Nils Pilotte and Steven Williams of Smith College in the U.S. along with Lisa Reimer at the Liverpool School of Tropical Medicine in the United Kingdom are developing a simple and inexpensive approach to monitor diseases caused by parasites that thrive in mosquitos based on detection in mosquito feces. Current approaches for disease surveillance are expensive, insensitive, or labor intensive, and are generally unsuitable for the areas in which they are needed most, including where disease incidence has decreased. This proposed so-called molecular xenomonitoring approach overcomes these hurdles, in part by avoiding the need for human sampling, and because it can be adapted to increase throughput. In Phase I, they demonstrated proof-of-principle that very low levels of parasitic DNA could indeed be extracted from mosquito fecal samples and then detected by PCR, and also adapted a simple test-strip detection method that could be used in low-resource field settings. They also developed a mosquito trap from a two-liter soda bottle containing a simple carbon dioxide-producing solution and sugar, and demonstrated its ability to attract mosquitos and isolate their feces in a field setting in Trinidad, albeit with modest yields. In Phase II, they will further optimize their detection method and the traps, and perform preliminary field tests in malarial and filarial endemic locations in the Philippines, Ghana, and Haiti.
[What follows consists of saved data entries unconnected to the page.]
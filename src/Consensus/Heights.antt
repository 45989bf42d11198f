-- ===== src/Consensus/Heights.antt =====
-- The height that a synchronization reaches (core/consensus/src/synchronization.rs).
use Prim.Native.Nat.{min}
use mathlib.Core.Path.{subst}
use muta.Prelude.{
  Bool, Bool-cases, ap, arith, false, inl, inr, ltb, ltb→le, ltb→lt, ok, suc, true, zero, ℕ, ◌+◌,
  ◌-◌, ◌<◌, ◌∙◌, ◌≡◌, ◌≤◌,
}
use muta.Consensus.Status.{replace}
use muta.Consensus.Sync.{Peer, Syncing, start_sync, sync_block, sync_blocks, sync_target}
use muta.Consensus.Actions.{Action, after_with, pair-ok, pure, ◌>>◌}
use muta.Consensus.Syncing.{sync_block-IsSynced}

module _ {Tx Receipt : Type 0} (peer : Peer Tx Receipt) where
  -- The loop after its test.
  abbrev turn : ℕ → ℕ → ℕ → ℕ → Bool → Action (Syncing Tx Receipt) (Unit {0})
  turn chunk_size target n current b = elim b [
    | false ↦ pure tt
    | true ↦
        sync_block peer chunk_size (current + 1)
        >> sync_blocks peer chunk_size target n (current + 1)
  ]

  sync_blocks-height :
      (chunk_size target n current : ℕ) (s s' : Syncing Tx Receipt)
      → s.sync_status.latest_committed_height ≡ current
      → s.status.latest_committed_height ≡ current
      → current ≤ target
      → target ≤ current + n
      → sync_blocks peer chunk_size target n current s ≡ (s', ok tt)
      → (s'.sync_status.latest_committed_height ≡ target)
        × (s'.status.latest_committed_height ≡ target)
  unfolding sync_blocks replace
  sync_blocks-height chunk_size target zero current s s' at at' low high h =
      let (same, _) = pair-ok s s' _ _ h in
      let reached : current ≡ target = omega (arith, low, high) in
      (cc (same, at, reached), cc (same, at', reached))
  sync_blocks-height chunk_size target (suc n) current s s' at at' low high h =
      elim (Bool-cases (ltb current target)) [
        | inl e ↦
            after_with s s' tt (sync_block peer chunk_size (current + 1))
              (sync_blocks peer chunk_size target n (current + 1))
              (subst (λ b. turn chunk_size target n current b s ≡ (s', ok tt)) e h)
              (λ s1 _ e1 r1.
                let synced = sync_block-IsSynced peer chunk_size (current + 1) s s1 e1 in
                let up : s1.sync_status.latest_committed_height ≡ current + 1 =
                  omega (arith, synced.committed.next, at) in
                sync_blocks-height chunk_size target n (current + 1) s1 s' up
                  (ap (λ x. x.latest_committed_height) synced.status ∙ up)
                  (omega (arith, ltb→lt current target e)) (omega (arith, high)) r1)
        | inr e ↦
            let (same, _) =
              pair-ok s s' _ _
                (subst (λ b. turn chunk_size target n current b s ≡ (s', ok tt)) e h) in
            let reached : current ≡ target = omega (arith, low, ltb→le current target e) in
            (cc (same, at, reached), cc (same, at', reached))
      ]

  -- A synchronization that succeeds, from two statuses of one height below the remote one, takes both
  -- to the remote height, or fifty blocks further where that is less.
  pub start_sync-height :
      (chunk_size current remote : ℕ) (s s' : Syncing Tx Receipt)
      → s.sync_status.latest_committed_height ≡ current
      → s.status.latest_committed_height ≡ current
      → current < remote
      → start_sync peer chunk_size current remote s ≡ (s', ok tt)
      → (s'.sync_status.latest_committed_height ≡ min remote (current + 50))
        × (s'.status.latest_committed_height ≡ min remote (current + 50))
  unfolding start_sync sync_target
  start_sync-height chunk_size current remote s s' at at' up h =
      let target = sync_target current remote in
      let (low, same) : (current ≤ target) × (target ≡ min remote (current + 50)) =
        ground (arith, up, sync_target current remote) in
      let (a, b) =
        sync_blocks-height chunk_size target (target - current) current s s' at at' low
          (omega arith) h in
      (a ∙ same, b ∙ same)
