-- ===== src/Consensus/Quorum.antt =====
-- The weight of voters, and the voters that two proofs share (core/consensus/src/adapter.rs).
use mathlib.Core.Path.{subst}
use muta.Prelude.{
  Bool-cases, Dict, List, Option, Option-cases, [], ap, arith, bind-ok, distinct, distinct-append,
  else_branch, ensure-ok, ensure_then-ok, false, get_or, inl, inr, list_beq, list_beq_iff, list_eq,
  lookup, meet, member, nat_beq, nat_eq, none, ok, ok_unique, refl, some, sym, then-ok, true, ℕ,
  ◌%◌, ◌*◌, ◌++◌, ◌+◌, ◌<◌, ◌∙◌, ◌∷◌, ◌≡◌, ◌≤◌,
}
use muta.Protocol.{Bytes, u64_mod}
use muta.Consensus.Adapter.{
  Chain, Node, accumulate, extracted, node_list, total_validator_weight, verifiers_of, verify_proof,
  verify_proof_weight, verify_votes, weight_map,
}
use muta.Consensus.Types.{BlockHeader, Proof, ValidatorExtend}

-- The sums over the natural numbers.
abbrev pub plain_total : Dict Bytes ℕ → ℕ
plain_total [] = 0
plain_total ((k, w) ∷ m) = w + plain_total m

abbrev weight_of : Dict Bytes ℕ → Bytes → ℕ
weight_of m v = get_or (lookup v m) 0

abbrev voted : Dict Bytes ℕ → List Bytes → ℕ
voted m [] = 0
voted m (v ∷ vs) = weight_of m v + voted m vs

total_validator_weight-plain :
    (m : Dict Bytes ℕ) → plain_total m < u64_mod → total_validator_weight m ≡ plain_total m
unfolding total_validator_weight
total_validator_weight-plain [] h = refl
total_validator_weight-plain ((k, w) ∷ m) h =
    omega (arith, total_validator_weight-plain m (omega arith))

voted-append :
    (m : Dict Bytes ℕ) (vs ws : List Bytes) → voted m (vs ++ ws) ≡ voted m vs + voted m ws
voted-append m [] ws = omega arith
voted-append m (v ∷ vs) ws = omega (arith, voted-append m vs ws)

-- A key that no voter has adds nothing.
voted-skip :
    (k : Bytes) (w : ℕ) (m : Dict Bytes ℕ) (vs : List Bytes)
    → member k vs ≡ false
    → voted ((k, w) ∷ m) vs ≡ voted m vs
voted-skip k w m [] h = refl
voted-skip k w m (v ∷ vs) h = ground (arith, h, voted-skip k w m vs)

voted-le_one :
    (k : Bytes) (w : ℕ) (m : Dict Bytes ℕ) (vs : List Bytes)
    → distinct vs ≡ true
    → voted ((k, w) ∷ m) vs ≤ w + voted m vs
voted-le_one k w m [] h = omega arith
voted-le_one k w m (v ∷ vs) h = elim (Bool-cases (list_beq k v)) [
  | inl e ↦
      let same = (list_beq_iff k v).0 e in
      let fresh : member k vs ≡ false = rw same (ground (arith, h)) in
      ground (arith, e, voted-skip k w m vs fresh)
  | inr e ↦ ground (arith, e, h, voted-le_one k w m vs)
]

voted-le : (m : Dict Bytes ℕ) (vs : List Bytes) → distinct vs ≡ true → voted m vs ≤ plain_total m
voted-le [] [] h = omega arith
voted-le [] (v ∷ vs) h = ground (arith, h, voted-le [] vs)
voted-le ((k, w) ∷ m) vs h = omega (arith, voted-le_one k w m vs h, voted-le m vs h)

accumulate-voted :
    (height : ℕ) (m : Dict Bytes ℕ) (acc acc' : ℕ) (vs : List Bytes)
    → acc < u64_mod
    → accumulate height m acc vs ≡ ok acc'
    → acc' ≡ (acc + voted m vs) % u64_mod
unfolding accumulate
accumulate-voted height m acc acc' [] small h = ground (arith, h)
accumulate-voted height m acc acc' (v ∷ vs) small h = elim (Option-cases (lookup v m)) [
  | inl e ↦ absurd (ground (arith, h, e))
  | inr (w, e) ↦
      let next =
        accumulate-voted height m ((acc + w) % u64_mod) acc' vs (omega arith)
          (ground (arith, h, e)) in
      ground (arith, e, next)
]

-- An accepted list of distinct voters has more than two thirds of the weight.
verify_proof_weight-outweighs :
    (height : ℕ) (m : Dict Bytes ℕ) (vs : List Bytes)
    → 3 * plain_total m < u64_mod
    → distinct vs ≡ true
    → verify_proof_weight height m vs ≡ ok tt
    → 2 * plain_total m < 3 * voted m vs
unfolding verify_proof_weight
verify_proof_weight-outweighs height m vs small d h =
    let (acc, sum, test) = bind-ok (accumulate height m 0 vs) _ tt h in
    let heavy = ensure-ok _ _ test in
    ground (
      arith,
      heavy,
      accumulate-voted height m 0 acc vs (omega arith) sum,
      voted-le m vs d,
      total_validator_weight-plain m (omega arith),
    )

-- Two lists of distinct voters that `verify_proof_weight` accepts, for weights whose triple sum
-- fits 64 bits, have a common voter.
pub verify_proof_weight-meet :
    (height : ℕ) (m : Dict Bytes ℕ) (vs ws : List Bytes)
    → 3 * plain_total m < u64_mod
    → distinct vs ≡ true
    → distinct ws ≡ true
    → verify_proof_weight height m vs ≡ ok tt
    → verify_proof_weight height m ws ≡ ok tt
    → meet vs ws ≡ true
verify_proof_weight-meet height m vs ws small dv dw hv hw = elim (Bool-cases (meet vs ws)) [
  | inl e ↦ e
  | inr e ↦ absurd (
      omega (
        arith,
        verify_proof_weight-outweighs height m vs small dv hv,
        verify_proof_weight-outweighs height m ws small dw hw,
        voted-append m vs ws,
        voted-le m (vs ++ ws) (distinct-append vs ws dv dw e),
      ))
]

abbrev pub addresses : List Node → List Bytes
addresses [] = []
addresses (n ∷ ns) = n.address ∷ addresses ns

-- What `extract_voters` does: it leaves the list in an order that the bitmap has no part in, and
-- takes each address of the list at most once.
pub record Extracts (chain : Chain) : Type 0 where
  pub same_nodes :
      (nodes : List Node) (b b' : Bytes) (found found' : List Node × List Bytes)
      → chain.extract_voters nodes b ≡ some found
      → chain.extract_voters nodes b' ≡ some found'
      → found.0 ≡ found'.0
  pub voters_distinct :
      (nodes : List Node) (b : Bytes) (found : List Node × List Bytes)
      → distinct (addresses nodes) ≡ true
      → chain.extract_voters nodes b ≡ some found
      → distinct found.1 ≡ true

extracted-some :
    (height : ℕ) (o : Option (List Node × List Bytes)) (found : List Node × List Bytes)
    → extracted height o ≡ ok found
    → o ≡ some found
unfolding extracted
extracted-some height none found h = cc
extracted-some height (some x) found h = cc

module _ (chain : Chain) (verifier_list : List ValidatorExtend) where
  abbrev extraction : Proof → Option (List Node × List Bytes)
  extraction proof = chain.extract_voters (node_list chain.decode verifier_list) proof.bitmap

  -- The voters of a proof, and the nodes that their weights are looked up in.
  abbrev pub signers : Proof → List Bytes
  signers proof = elim (extraction proof) [ none ↦ [] | some found ↦ found.1 ]

  abbrev pub nodes_for : Proof → List Node
  nodes_for proof = elim (extraction proof) [ none ↦ [] | some found ↦ found.0 ]

  signers_found :
      (proof : Proof) (found : List Node × List Bytes)
      → extraction proof ≡ some found
      → signers proof ≡ found.1
  signers_found proof found e = ap (λ o. elim o [ none ↦ [] | some f ↦ f.1 ]) e

  nodes_for_found :
      (proof : Proof) (found : List Node × List Bytes)
      → extraction proof ≡ some found
      → nodes_for proof ≡ found.0
  nodes_for_found proof found e = ap (λ o. elim o [ none ↦ [] | some f ↦ f.0 ]) e

  -- An accepted proof has accepted votes.
  verify_proof-votes :
      (header : BlockHeader) (proof : Proof)
      → nat_beq header.height 0 ≡ false
      → verifiers_of chain header.height ≡ ok verifier_list
      → verify_proof chain header proof ≡ ok tt
      → verify_votes chain header.height proof verifier_list ≡ ok tt
  unfolding verify_proof
  verify_proof-votes header proof up known h =
      let (_, r1) =
        ensure_then-ok (nat_beq header.height proof.height) _ _ tt
          (else_branch (nat_beq header.height 0) (ok tt) _ (ok tt) up h) in
      let (hash, e, r2) = bind-ok (chain.header_hash header) _ tt r1 in
      let (_, r3) = ensure_then-ok (nat_beq hash proof.block_hash) _ _ tt r2 in
      let (verifiers, e', r4) = bind-ok (verifiers_of chain header.height) _ tt r3 in
      ap (λ l. verify_votes chain header.height proof l) (ok_unique _ _ _ known e') ∙ r4

  -- Votes that are accepted were extracted, and their weights were.
  verify_votes-weight :
      (height : ℕ) (proof : Proof)
      → verify_votes chain height proof verifier_list ≡ ok tt
      → (found : List Node × List Bytes) × (extraction proof ≡ some found)
        × (verify_proof_weight height (weight_map found.0) found.1 ≡ ok tt)
  unfolding verify_votes
  verify_votes-weight height proof h =
      let (found, extract, rest) = bind-ok (extracted height (extraction proof)) _ tt h in
      (
        found,
        extracted-some height (extraction proof) found extract,
        (then-ok (verify_proof_weight height (weight_map found.0) found.1) _ rest).0,
      )

  -- Where voters are extracted as `Extracts` says, two proofs of one height above 0, accepted for
  -- headers of that height whose verifiers have distinct addresses and weights whose triple sum fits
  -- 64 bits, have a common voter.
  pub verify_proof-meet :
      (header header' : BlockHeader) (proof proof' : Proof)
      → Extracts chain
      → nat_beq header.height 0 ≡ false
      → header.height ≡ header'.height
      → verifiers_of chain header.height ≡ ok verifier_list
      → distinct (addresses (node_list chain.decode verifier_list)) ≡ true
      → 3 * plain_total (weight_map (nodes_for proof)) < u64_mod
      → verify_proof chain header proof ≡ ok tt
      → verify_proof chain header' proof' ≡ ok tt
      → meet (signers proof) (signers proof') ≡ true
  verify_proof-meet header header' proof proof' ex up same known d small h h' =
      let (found, e, heavy) =
        verify_votes-weight header.height proof (verify_proof-votes header proof up known h) in
      let (found', e', heavy') = verify_votes-weight header'.height proof' (
        verify_proof-votes header' proof' (ap (λ k. nat_beq k 0) (sym same) ∙ up)
          (ap (λ k. verifiers_of chain k) (sym same) ∙ known) h') in
      let nodes = ex.same_nodes _ proof.bitmap proof'.bitmap found found' e e' in
      let met =
        verify_proof_weight-meet header.height (weight_map found.0) found.1 found'.1
          (subst (λ ns. 3 * plain_total (weight_map ns) < u64_mod) (nodes_for_found proof found e)
            small)
          (ex.voters_distinct _ proof.bitmap found d e)
          (ex.voters_distinct _ proof'.bitmap found' d e') heavy (rw (same, nodes) heavy') in
      cc (signers_found proof found e, signers_found proof' found' e', met)
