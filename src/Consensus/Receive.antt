-- ===== src/Consensus/Receive.antt =====
-- A height that another node announces, and whether it starts a synchronization
-- (core/consensus/src/synchronization.rs). Whether the two locks are free is given: nothing is done
-- where one is taken.
use muta.Prelude.{Bool, err, false, if◌then◌else◌, leb, nat_beq, not, ok, suc, zero, ℕ, ◌-◌}
use muta.Consensus.Types.{outside}
use muta.Consensus.Actions.{Action, ask, pure, ◌>>=◌, ◌>>◌}
use muta.Consensus.Sync.{Peer, Syncing, start_sync}

module _ {Tx Receipt : Type 0} (peer : Peer Tx Receipt) where
  abbrev State : Type 0
  State = Syncing Tx Receipt

  -- The block of the announced height is asked for.
  unfoldable pub remote_has : ℕ → Action State Bool
  remote_has remote_height = do
    block ← ask (λ s. peer.get_block_from_remote s.effects remote_height)
    pure (nat_beq block.header.height remote_height)

  -- The next height may be under way: it is waited for, and not synchronized if it is there then.
  unfoldable pub need_after_delay : ℕ → Action State Bool
  need_after_delay remote_height s =
      if nat_beq s.status.latest_committed_height remote_height
      then (s, ok false)
      else remote_has remote_height s

  unfoldable pub need_sync : ℕ → Action State Bool
  need_sync remote_height s =
      if nat_beq remote_height 0
      then (s, ok false)
      else if leb remote_height s.status.latest_committed_height
      then (s, ok false)
      else if nat_beq s.status.latest_committed_height (remote_height - 1)
      then need_after_delay remote_height (record s { status = peer.wait s.status })
      else remote_has remote_height s

  -- The synchronization starts from the status, once all that was committed is executed. The loop
  -- waits without end; the fuel is a bound on the delays.
  unfoldable pub init_status_agent : ℕ → Action State (Unit {0})
  init_status_agent zero s = (s, err (outside "no more delays"))
  init_status_agent (suc n) s =
      let later = init_status_agent n (record s { status = peer.wait_execution s.status }) in
      if nat_beq s.status.exec_height s.status.latest_committed_height
      then (record s { sync_status = s.status }, ok tt)
      else later

  -- With the commit locked.
  unfoldable pub sync_locked : ℕ → ℕ → ℕ → Action State (Unit {0})
  sync_locked fuel chunk_size remote_height s =
      if leb remote_height s.status.latest_committed_height
      then (s, ok tt)
      else (init_status_agent fuel
            >> start_sync peer chunk_size s.status.latest_committed_height remote_height)
          s

  unfoldable pub sync_if : ℕ → ℕ → ℕ → Bool → Bool → Action State (Unit {0})
  sync_if fuel chunk_size remote_height commit_free need s =
      if not need
      then (s, ok tt)
      else if not commit_free
      then (s, ok tt)
      else sync_locked fuel chunk_size remote_height s

  unfoldable pub receive_remote_block : ℕ → ℕ → Bool → Bool → ℕ → Action State (Unit {0})
  receive_remote_block fuel chunk_size syncing_free commit_free remote_height s =
      if not syncing_free
      then (s, ok tt)
      else (need_sync remote_height >>= sync_if fuel chunk_size remote_height commit_free) s
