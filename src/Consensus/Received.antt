-- ===== src/Consensus/Received.antt =====
-- What the announcement of a height leads to (core/consensus/src/synchronization.rs).
use Prim.Native.Nat.{min}
use muta.Prelude.{
  Bool, Bool-cases, ap, arith, false, if_split, if◌then◌else◌, inl, inr, leb, nat_beq, nat_beq_iff,
  ok, refl, suc, sym, true, zero, ℕ, ◌+◌, ◌-◌, ◌<◌, ◌∙◌, ◌≡◌, ◌⊎◌,
}
use muta.Consensus.Status.{CurrentConsensusStatus}
use muta.Consensus.Actions.{after_with, ask_with, chain_with, pair-ok, ◌>>◌}
use muta.Consensus.Sync.{Peer, Syncing, start_sync}
use muta.Consensus.Receive.{
  init_status_agent, need_after_delay, need_sync, receive_remote_block, remote_has, sync_if,
  sync_locked,
}
use muta.Consensus.Heights.{start_sync-height}

module _ {Tx Receipt : Type 0} (peer : Peer Tx Receipt) where
  -- The status after some delays of the execution.
  abbrev executions : ℕ → CurrentConsensusStatus → CurrentConsensusStatus
  executions zero status = status
  executions (suc k) status = executions k (peer.wait_execution status)

  -- If the execution is level with the commits after some delays, the loop ends, with more fuel.
  pub init_status_agent_level :
      (k fuel : ℕ) (s : Syncing Tx Receipt)
      → k < fuel
      → (executions k s.status).exec_height ≡ (executions k s.status).latest_committed_height
      → (s' : Syncing Tx Receipt) × (init_status_agent peer fuel s ≡ (s', ok tt))
  unfolding init_status_agent
  init_status_agent_level k zero s more level = absurd (omega (arith, more))
  init_status_agent_level zero (suc n) s more level = (
    record s { sync_status = s.status },
    rw ((nat_beq_iff s.status.exec_height s.status.latest_committed_height).1 level) refl,
  )
  init_status_agent_level (suc i) (suc n) s more level =
      elim (Bool-cases (nat_beq s.status.exec_height s.status.latest_committed_height)) [
        | inl e ↦ (record s { sync_status = s.status }, rw e refl)
        | inr e ↦
            let (s', found) =
              init_status_agent_level i n (record s { status = peer.wait_execution s.status })
                (omega (arith, more)) level in
            (s', rw e found)
      ]

  record Level (s s' : Syncing Tx Receipt) : Type 0 where
    height : s'.status.latest_committed_height ≡ s.status.latest_committed_height
    same : s'.sync_status ≡ s'.status

  init_status_agent-Level :
      (fuel : ℕ) (s s' : Syncing Tx Receipt)
      → ((status : CurrentConsensusStatus)
          → (peer.wait_execution status).latest_committed_height ≡ status.latest_committed_height)
      → init_status_agent peer fuel s ≡ (s', ok tt)
      → Level s s'
  unfolding init_status_agent
  init_status_agent-Level zero s s' keeps h = absurd (ground (arith, ap (λ r. r.1) h))
  init_status_agent-Level (suc n) s s' keeps h =
      elim (if_split (nat_beq s.status.exec_height s.status.latest_committed_height)
        (record s { sync_status = s.status }, ok tt)
        (init_status_agent peer n (record s { status = peer.wait_execution s.status })) (s', ok tt)
        h) [
          | inl (level, e) ↦
              let (last, _) = pair-ok _ s' _ _ e in
              record {
                height = ap (λ x. x.status.latest_committed_height) (sym last);
                same = ap (λ x. x.sync_status) (sym last) ∙ ap (λ x. x.status) last;
              }
          | inr (behind, e) ↦
              let found =
                init_status_agent-Level n (record s { status = peer.wait_execution s.status }) s'
                  keeps e in
              record { height = found.height ∙ keeps s.status; same = found.same }
        ]

  remote_has-Same :
      (remote : ℕ) (s s' : Syncing Tx Receipt) (b : Bool)
      → remote_has peer remote s ≡ (s', ok b)
      → s ≡ s'
  unfolding remote_has
  remote_has-Same remote s s' b h = ask_with s s' b _ _ h (λ block e r. (pair-ok s s' _ _ r).0)

  need_after_delay-Same :
      (remote : ℕ) (s s' : Syncing Tx Receipt) (b : Bool)
      → need_after_delay peer remote s ≡ (s', ok b)
      → s ≡ s'
  unfolding need_after_delay
  need_after_delay-Same remote s s' b h =
      elim (if_split (nat_beq s.status.latest_committed_height remote) (s, ok false)
        (remote_has peer remote s) (s', ok b) h) [
          | inl (there, e) ↦ (pair-ok s s' _ _ e).0
          | inr (missing, e) ↦ remote_has-Same remote s s' b e
        ]

  -- The status at most waited once.
  abbrev pub Waited : Syncing Tx Receipt → CurrentConsensusStatus → Type 0
  Waited s status = (status ≡ s.status) ⊎ (status ≡ peer.wait s.status)

  need_sync-Waited :
      (remote : ℕ) (s s' : Syncing Tx Receipt) (b : Bool)
      → need_sync peer remote s ≡ (s', ok b)
      → Waited s s'.status
  unfolding need_sync
  need_sync-Waited remote s s' b h =
      let waiting : Syncing Tx Receipt = record s { status = peer.wait s.status } in
      elim (if_split (nat_beq remote 0) (s, ok false)
        (if leb remote s.status.latest_committed_height
          then (s, ok false)
          else if nat_beq s.status.latest_committed_height (remote - 1)
          then need_after_delay peer remote waiting
          else remote_has peer remote s)
        (s', ok b) h) [
          | inl (none_there, e) ↦ inl (ap (λ x. x.status) (sym (pair-ok s s' _ _ e).0))
          | inr (some_there, h1) ↦
              elim (if_split (leb remote s.status.latest_committed_height) (s, ok false)
                (if nat_beq s.status.latest_committed_height (remote - 1)
                  then need_after_delay peer remote waiting
                  else remote_has peer remote s)
                (s', ok b) h1) [
                  | inl (low, e) ↦ inl (ap (λ x. x.status) (sym (pair-ok s s' _ _ e).0))
                  | inr (high, h2) ↦
                      elim (if_split (nat_beq s.status.latest_committed_height (remote - 1))
                        (need_after_delay peer remote waiting) (remote_has peer remote s) (s', ok b)
                        h2) [
                          | inl (next, e) ↦ inr (
                              ap (λ x. x.status)
                                (sym (need_after_delay-Same remote waiting s' b e)))
                          | inr (far, e) ↦
                              inl (ap (λ x. x.status) (sym (remote_has-Same remote s s' b e)))
                        ]
                ]
        ]

  -- Nothing happened, or the status went to the remote height, or fifty blocks on.
  abbrev pub Reached : ℕ → CurrentConsensusStatus → Syncing Tx Receipt → Type 0
  Reached remote before s' =
      (s'.status ≡ before)
      ⊎ ((before.latest_committed_height < remote)
          × (s'.status.latest_committed_height ≡ min remote (before.latest_committed_height + 50)))

  module _
      (keeps : (status : CurrentConsensusStatus)
        → (peer.wait_execution status).latest_committed_height
          ≡ status.latest_committed_height) where
    sync_locked-Reached :
        (fuel chunk_size remote : ℕ) (s s' : Syncing Tx Receipt)
        → sync_locked peer fuel chunk_size remote s ≡ (s', ok tt)
        → Reached remote s.status s'
    unfolding sync_locked
    sync_locked-Reached fuel chunk_size remote s s' h =
        elim (if_split (leb remote s.status.latest_committed_height) (s, ok tt)
          ((init_status_agent peer fuel
              >> start_sync peer chunk_size s.status.latest_committed_height remote)
            s)
          (s', ok tt) h) [
            | inl (low, e) ↦ inl (ap (λ x. x.status) (sym (pair-ok s s' _ _ e).0))
            | inr (high, e) ↦ after_with s s' tt _ _ e (λ s1 _ started r.
                let level = init_status_agent-Level fuel s s1 keeps started in
                inr (
                  ground (arith, high),
                  (start_sync-height peer chunk_size s.status.latest_committed_height remote s1 s'
                      (ap (λ x. x.latest_committed_height) level.same ∙ level.height) level.height
                      (ground (arith, high)) r).1,
                ))
          ]

    sync_if-Reached :
        (fuel chunk_size remote : ℕ) (commit_free need : Bool) (s s' : Syncing Tx Receipt)
        → sync_if peer fuel chunk_size remote commit_free need s ≡ (s', ok tt)
        → Reached remote s.status s'
    unfolding sync_if
    sync_if-Reached fuel chunk_size remote commit_free false s s' h =
        inl (ap (λ x. x.status) (sym (pair-ok s s' _ _ h).0))
    sync_if-Reached fuel chunk_size remote false true s s' h =
        inl (ap (λ x. x.status) (sym (pair-ok s s' _ _ h).0))
    sync_if-Reached fuel chunk_size remote true true s s' h =
        sync_locked-Reached fuel chunk_size remote s s' h

    -- Where the delays of the execution keep the committed height, an announcement that meets no
    -- error, from the status or from the one that a delay made of it, either leaves the status, or
    -- starts below the remote height and takes the status to it, or fifty blocks on where that is
    -- less.
    pub receive_remote_block-Reached :
        (fuel chunk_size remote : ℕ) (syncing_free commit_free : Bool) (s s' : Syncing Tx Receipt)
        → receive_remote_block peer fuel chunk_size syncing_free commit_free remote s ≡ (s', ok tt)
        → (before : CurrentConsensusStatus) × Waited s before × Reached remote before s'
    unfolding receive_remote_block
    receive_remote_block-Reached fuel chunk_size remote false commit_free s s' h =
        (s.status, inl refl, inl (ap (λ x. x.status) (sym (pair-ok s s' _ _ h).0)))
    receive_remote_block-Reached fuel chunk_size remote true commit_free s s' h =
        chain_with s s' tt _ _ h (λ s1 need asked r. (
          s1.status,
          need_sync-Waited remote s s1 need asked,
          sync_if-Reached fuel chunk_size remote commit_free need s1 s' r,
        ))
Milosz Faber of Thomas Jefferson University in the U.S. will develop a combined contraceptive rabies vaccine that both protects dogs against rabies and reduces their population levels in order to control the incidence of human rabies. Human rabies causes 70,000 deaths annually and is mostly spread by dogs. Current therapeutic approaches to control dog rabies require multiple doses and have had limited success. Faber has designed a safe dog rabies variant that can induce a strong and long-lasting immune response when introduced in mice. He will combine this vaccine with gonadotropin-releasing hormone (GnRH), which causes infertility. Three different carrier proteins will be conjugated to GnRH and tested in combination with the vaccine for safety and for inducing immune responses upon a single dose in mice.

Fidelis Cho-Ngwa of the University of Buea in Cameroon will develop a small animal model to test the safety of candidate drugs for treating the parasitic disease onchocerciasis in people who are coinfected with the Loa loa parasite. Ivermectin, which is used in mass drug administration efforts to treat onchocerciasis, causes severe adverse effects, including death, in people who carry high levels of Loa loa. They will purify early-stage Loa loa from infected human blood and test the ability of a variety of small animal models, including mice, to sustain the parasites over 30 days, which would be enough time to perform an in vivo drug screen. Once a suitable small animal model has been identified and validated, it will be possible to screen large numbers of compounds to identify effective and safer treatments.

Mumbi Kimathi and a team from Farm Concern International in Kenya will promote farming-related trade between and around villages in rural Africa with their "e-Women Dial-up Initiative." They will develop a mobile phone platform for communications, and for ordering and paying for farming-related materials, products, and services. They will test their approach in 10 villages in Kenya, consisting of 5,000 farmers, and establish a rural distribution network by recruiting vehicle owners to reduce the need for individuals to be mobile. They will also set up a supply network of accredited materials, services, and business development service providers. Their approach will be evaluated in terms of volumes traded, income, cost- and time-savings, and the level of individual participation.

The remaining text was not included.